The courtyard stones jumped again as the aubade leaped from the mayor’s roof down to the street. Pounding footsteps and a loud jangling grew louder as Sam watched the tonic work on the bard. Come on, come on! He looked up as the brute rounded the corner, color draining from his face at its sheer size. “Get to the river! Lure it to the Tephis Na bridge, Bex!”
His hair lifted toward the sky as a ball of light, gleaming the color of a late April moon and crackling with sparks, shot over his head. It hit the aubade square in the chest, the force of the orb knocking it back into the door of the Temple of Brother Sol across the road from the Inn. The goddess’s energy dissipated across its broad chest, electricity crackling across golden fur and sparks hissing onto dark red wing feathers.
Bex, her eyes shining horribly and fingers pulsing as she crafted another purple ball of energy, walked past Sam toward the temple. Stumbling to its feet, the aubade lashed out blindly with wings and arms and claws, three pillars on the temple’s portico collapsing in its rage.
“Sol’s wound, what is that fiend?” Sam, transfixed by the creature’s fury, jumped at the weak voice. The bard looked a horror, her face half covered in dried blood and tufts of straw sticking to muddy hair. But she stood next to him, the gnarly gash on her face replaced by a white scar and flexing her arm carefully. “You use a Greffathi tonic on me?”
Sam turned on her. How does she know that? “Where’d you learn that, bard?” he snapped. ‘Knowledge of the Sodality’s ways is limited to—”
“—initiates of the Greffathi Sodality only,” she finished. “Lecture me later, beefboy.” She rolled her eyes as she pulled a beaten up lute out of the Inn’s wreckage. “There you are, my boy,” she cooed. “Ready for an encore?”

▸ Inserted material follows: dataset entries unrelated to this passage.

-- ===== src/IoOp/Faultless.antt =====
-- The loop of src/neo/io/detail/io_op.hpp over an operation that never fails.
use mathlib.Core.Option
use neo_io.Prelude.{
  refl, ℕ, zero, suc, ◌≡◌, ◌∙◌, inl, inr, false, Option, some, none, ◌==◌, Bool-cases,
}
use neo_io.Transfer.{TransferResult, IsTransferResult, transfer_errant, transfer_all}
use neo_io.IoOp.{
  Consumer, Consumers, consumer_type, Stream, transfer_part, moved, io_step, io_loop, do_io_op,
  read, read_all, write, write_all,
}

module _ {R C P S : Type 0} ⦃t : TransferResult R⦄ (rl : IsTransferResult t) (k : Consumer C P)
    (cond : R → ℕ) (op : P → S → R × S)
    (faultless : (p : P) (s : S) → transfer_errant (op p s).0 ≡ false) where
  faultless_part :
      (acc : R) (p : P) (s : S)
      → transfer_errant acc ≡ false
      → transfer_errant (transfer_part k cond op acc p s).0 ≡ false
  unfolding transfer_part
  faultless_part acc p s clean = elim (Bool-cases (k.is_empty p)) [
    | inl e ↦ rw e clean
    | inr e ↦ rw e (rl.errant-with_bytes (op p s).0 _ ∙ faultless p s)
  ]

  faultless_loop :
      (fuel : ℕ) (acc : R) (c : C) (s : S) (out : R × C × S)
      → transfer_errant acc ≡ false
      → io_loop k cond op fuel acc c s ≡ some out
      → transfer_errant out.0 ≡ false
  unfolding io_loop io_step
  faultless_loop zero acc c s out clean e = cc e
  faultless_loop (suc fuel) acc c s out clean e =
      let p : P = k.next (cond acc) c in
      let next : R × S = transfer_part k cond op acc p s in
      let fine : transfer_errant next.0 ≡ false = faultless_part acc p s clean in
      elim (Bool-cases (cond acc == 0)) [
        | inl z ↦
            let f : some (acc, c, s) ≡ some out = rw z at e in
            let q : (acc, c, s) ≡ out = cc in rw (← q) clean
        | inr nz ↦ elim (Bool-cases (moved k cond op acc next.0 == 0)) [
          | inl z ↦
              let f : some (next.0, k.consume (moved k cond op acc next.0) c, next.1) ≡ some out =
                rw (nz, fine, z) at e in
              let q : (next.0, k.consume (moved k cond op acc next.0) c, next.1) ≡ out = cc in
              rw (← q) fine
          | inr m ↦
              faultless_loop fuel next.0 (k.consume (moved k cond op acc next.0) c) next.1 out fine
                (rw (nz, fine, m) at e)
        ]
      ]

module _ {R C P S : Type 0} ⦃t : TransferResult R⦄ (rl : IsTransferResult t) (cs : Consumers C P)
    (strm : Stream R P S)
    (faultless : (p : P) (s : S) → transfer_errant (strm.some_part p s).0 ≡ false) where
  faultless_all :
      (fuel : ℕ) (bufs : C) (s : S) (r : R) (s' : S)
      → do_io_op fuel cs bufs transfer_all strm.vectored strm.some_part s ≡ some (r, s')
      → transfer_errant r ≡ false
  unfolding do_io_op
  faultless_all fuel bufs s r s' e =
      ended
        (io_loop (consumer_type strm.vectored cs) transfer_all strm.some_part fuel
          (t.with_bytes t.fresh 0) bufs s)
        refl e
    where
      ended :
          (x : Option (R × C × S))
          → io_loop
              (consumer_type strm.vectored cs)
              transfer_all
              strm.some_part
              fuel
              (t.with_bytes t.fresh 0)
              bufs
              s
            ≡ x
          → Option.map {B = R × S} (λ out. (out.0, out.2)) x ≡ some (r, s')
          → transfer_errant r ≡ false
      ended none h f = absurd (cc f)
      ended (some out) h f =
          let q : out.0 ≡ r = cc in
          rw (← q) (
            faultless_loop rl (consumer_type strm.vectored cs) transfer_all strm.some_part faultless
              fuel (t.with_bytes t.fresh 0) bufs s out
              (rl.errant-with_bytes t.fresh 0 ∙ rl.errant-fresh) h)

  -- Over a stream that never fails `write` has no error, and `read` has none.
  pub faultless_write :
      (fuel : ℕ) (bufs : C) (s : S) (r : R) (s' : S)
      → write_all fuel cs strm bufs s ≡ some (r, s')
      → transfer_errant r ≡ false
  unfolding write_all write
  faultless_write = faultless_all

  pub faultless_read :
      (fuel : ℕ) (bufs : C) (s : S) (r : R) (s' : S)
      → read_all fuel cs strm bufs s ≡ some (r, s')
      → transfer_errant r ≡ false
  unfolding read_all read
  faultless_read = faultless_all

Sam looked down her in disbelief. “Listen here, you glib little mudball—my last healing tonic’s the only reason you’re on your feet at all right now.” He heard the metallic rattling again near the temple door. “Now put that moldy guitar away and run!”
The aubade, panting in anger and pain, had unhooked the clasp of what looked like a thick rope around its neck. A heavy leather whip, metal grip ending in a ring and oiled length tipped with a large, viciously hook, uncoiled to the ground. Cracking the lash over its head with a roar, it lurched out of the temple’s wreckage down the road toward them.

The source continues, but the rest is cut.